Assuming you mean irreproducible, do you mean that you get different results if you run the same code on PyTorch 0.4 vs PyTorch 1.0 or if you run the code >= 2 times on PyTorch 1.0?
This is weird, since you set both random seeds and deterministic cuda behavior. I am currently using the same cards (RTX 2080TIs) and couldn’t find a difference when running code multiple times. Sorry, I have no way to explain this. But one possibility could be that you set the random seeds somewhere later in your script after you initialized the weights?
I have three different machines with all different cards (1080Ti’s, RTX2018’s, Titan V) and never encountered a problem when using conda. Before, I had a custom compiled versions of everything but I noticed that conda was just a) faster to upgrade b) faster to run (probably because of better compiled MKL stuff)
Ubuntu 18.04
Python 3.7
PyTorch 1.0.1 (but PyTorch 0.4 and 1.0 not too long ago worked similarly well)
Cuda 10 (and whatever cuDNN version comes with the PyTorch conda installer EDIT: cuDNN 7.4.0.1)
I got reproducibility when replaced the nn.upsample by nn.PixelShuffle in my model.
I tried nearest and bilinear in nn.upsmple, all of them are training irreproducible.
Ha, yeah, I thought I should have added it already.
There also is an open issue for enhancing reproducibility. Everyone is in favour of it,but so far none who wants to do it.
As far as I know, it’s not dependent on the CUDA/CuDNN version, but on how the backwards has been implemented. I don’t really know how that changed without digging through the sources.
Note that there are known sources of randomness even for this case. The documentation has a section on it.
Best regards
Thomas
On that page, it says:
Completely reproducible results are not guaranteed across PyTorch releases, individual commits or different platforms. Furthermore, results need not be reproducible between CPU and GPU executions, even when using identical seeds.

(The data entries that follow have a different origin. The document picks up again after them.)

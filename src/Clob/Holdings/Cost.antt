-- ===== src/Clob/Holdings/Cost.antt =====
-- What the calls of the node in `positions` cost in requests and time.
use Prim.Native.Nat.{suc, ◌+◌, ◌*◌, ◌≤◌, zero}
use pmt.Prelude.{
  ℕ, String, Bool, true, false, ◌≡◌, refl, Option, none, some, List, [], ◌∷◌, take, length, arith,
}
use pmt.Numeric.{Numeric}
use pmt.Dict.{Dict}
use pmt.Clob.Hex.{int_hex, int_decimal}
use pmt.Clob.Session.{Response, Outcome, returned, failed, Session, Client, and_then, parsed}
use pmt.Clob.Rpc.{rpc_call}
use pmt.Clob.Rpc.Bounds.{rpc_call-IsBounded}
use pmt.Clob.Chain.{ctf_contract, token_data, shares_of, read_int, token_balance}
use pmt.Clob.Holdings.{Trade, Meta, meta_loop, throttle, balance_loop, positions}
use pmt.Clob.Holdings.Distinct.{meta_loop-take}

-- The session after at most so many tokens have been read.
record IsWithin (n : ℕ) (s t : Session) : Type 0 where
  sent : t.sent ≤ s.sent + n * 3
  slept : t.slept ≤ s.slept + n * 12300

-- What follows a request and sends none.
quiet_and_then :
    {A B : Type 0} (r : Outcome A × Session) (k : A → Client B)
    → ((a : A) (t : Session) → (k a t).1 ≡ t)
    → (and_then r k).1 ≡ r.1
quiet_and_then (returned a, t) k h = h a t
quiet_and_then (failed e, t) k h = refl

parsed_quiet : {A : Type 0} (o : Option A) (t : Session) → (parsed o t).1 ≡ t
parsed_quiet none t = refl
parsed_quiet (some a) t = refl

length-take : {A : Type 0} (n : ℕ) (xs : List A) → length (take n xs) ≤ n
length-take zero xs = omega arith
length-take (suc n) [] = omega arith
length-take (suc n) (x ∷ xs) = omega (arith, length-take n xs)

throttle-slept :
    (first : Bool) (s : Session)
    → ((throttle first s).sent ≡ s.sent) × ((throttle first s).slept ≤ s.slept + 300)
throttle-slept true s = (refl, omega arith)
throttle-slept false s = (refl, omega arith)

module _ (post : String → String → ℕ → Response) where
  read_int_session :
      (to call_data : String) (s : Session)
      → (read_int post to call_data s).1 ≡ (rpc_call post to call_data 3 s).1
  unfolding read_int
  read_int_session to call_data s =
      quiet_and_then (rpc_call post to call_data 3 s) _ (λ a t. parsed_quiet (int_hex a) t)

module _ (F : Type 0) ⦃f : Numeric F⦄ (post : String → String → ℕ → Response)
    (funder : String) where
  balance-IsWithin :
      (token_id : String) (number : Option ℕ) (s : Session)
      → int_decimal token_id ≡ number
      → ((token_balance post {F = F} funder token_id s).1.sent ≤ s.sent + 3)
        × ((token_balance post {F = F} funder token_id s).1.slept ≤ s.slept + 12000)
  unfolding token_balance
  balance-IsWithin token_id none s h = rw h (omega arith)
  balance-IsWithin token_id (some token) s h =
      let call_data = token_data funder token in
      rw h (
        rw
          (
            quiet_and_then (read_int post ctf_contract call_data s)
                (λ balance t. (returned (shares_of {F = F} balance), t)) (λ a t. refl),
            read_int_session post ctf_contract call_data s,
          )
          (rpc_call-IsBounded post ctf_contract call_data s))

  balance_loop-IsWithin :
      (first : Bool) (tokens : Dict Meta) (s : Session)
      → IsWithin (length tokens) s (balance_loop {F = F} post funder first tokens s).1
  unfolding balance_loop
  balance_loop-IsWithin first [] s = record { sent = omega arith; slept = omega arith }
  balance_loop-IsWithin first ((token_id, m) ∷ tokens) s =
      let t = throttle first s in
      let one = balance-IsWithin token_id (int_decimal token_id) t refl in
      let rest =
        balance_loop-IsWithin false tokens (token_balance post {F = F} funder token_id t).1 in
      let slept = throttle-slept first s in
      record { sent = omega (arith, rest.sent); slept = omega (arith, rest.slept) }

  -- Once the trades are there, and whatever the node answers, `positions` sends the node at most three
  -- requests for each of `max_tokens` tokens, and sleeps for at most 12.3 seconds for each of them. The
  -- requests for the trades, and those to authenticate at the proxy, are not counted.
  pub positions-IsBounded :
      (max_tokens : ℕ) (trades : List Trade) (s : Session)
      → ((positions {F = F} post funder max_tokens trades s).1.sent ≤ s.sent + max_tokens * 3)
        × ((positions {F = F} post funder max_tokens trades s).1.slept
            ≤ s.slept + max_tokens * 12300)
  unfolding positions
  positions-IsBounded max_tokens trades s =
      let tokens = meta_loop max_tokens trades [] in
      let within = balance_loop-IsWithin true tokens s in
      let few : length tokens ≤ max_tokens =
        rw (meta_loop-take max_tokens trades) (length-take max_tokens _) in
      (omega (arith, within.sent), omega (arith, within.slept))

This should be expected though, because cuDNN and PyTorch’s CPU variants use different algorithms for certain operations (e.g., a prominent example would be convolutional operations for which dozens of approximations exist). Also, difference between versions should be expected – could be also attributed to bug fixes etc.
In practice, I find that if I run the same code multiple times with the same cuDNN and PyTorch version (even on different machines; assuming manual seeds for weight init and shuffling are set and cuDNN is set to deterministic), I always get consistent results.
hi, I got another irreproducibility problem.
I downgraded the RTX2080TI platform from torch v1.0.0 to torch v0.4.0, and now it is reproducible when running the code >= 2 times.
But I found that the batchnorm and nn.linear cause irreproducibility between my two platform below.
If I remove the batchnorm and replace the nn.linear by nn.conv2d, it is reproducible.
torch v0.4.0, Cuda 8.0, Cudnn 6.0.21, Ubuntu 16.04, GPU GTX1070.
torch v0.4.0, Cuda 9.0, Cudnn 7.4.2.24, Ubuntu 18.04, GPU RTX2080TI
Actually, both CPU-version and GPU-version are irreproducible.
I only know about PyTorch >=1, but if you have a tensor and get different results when sending it through linear several times, I would be most interested.
Linear and and batch norm are generally believed to be reproducible. (But be certain that you’re not applying updated batch norm statistics.)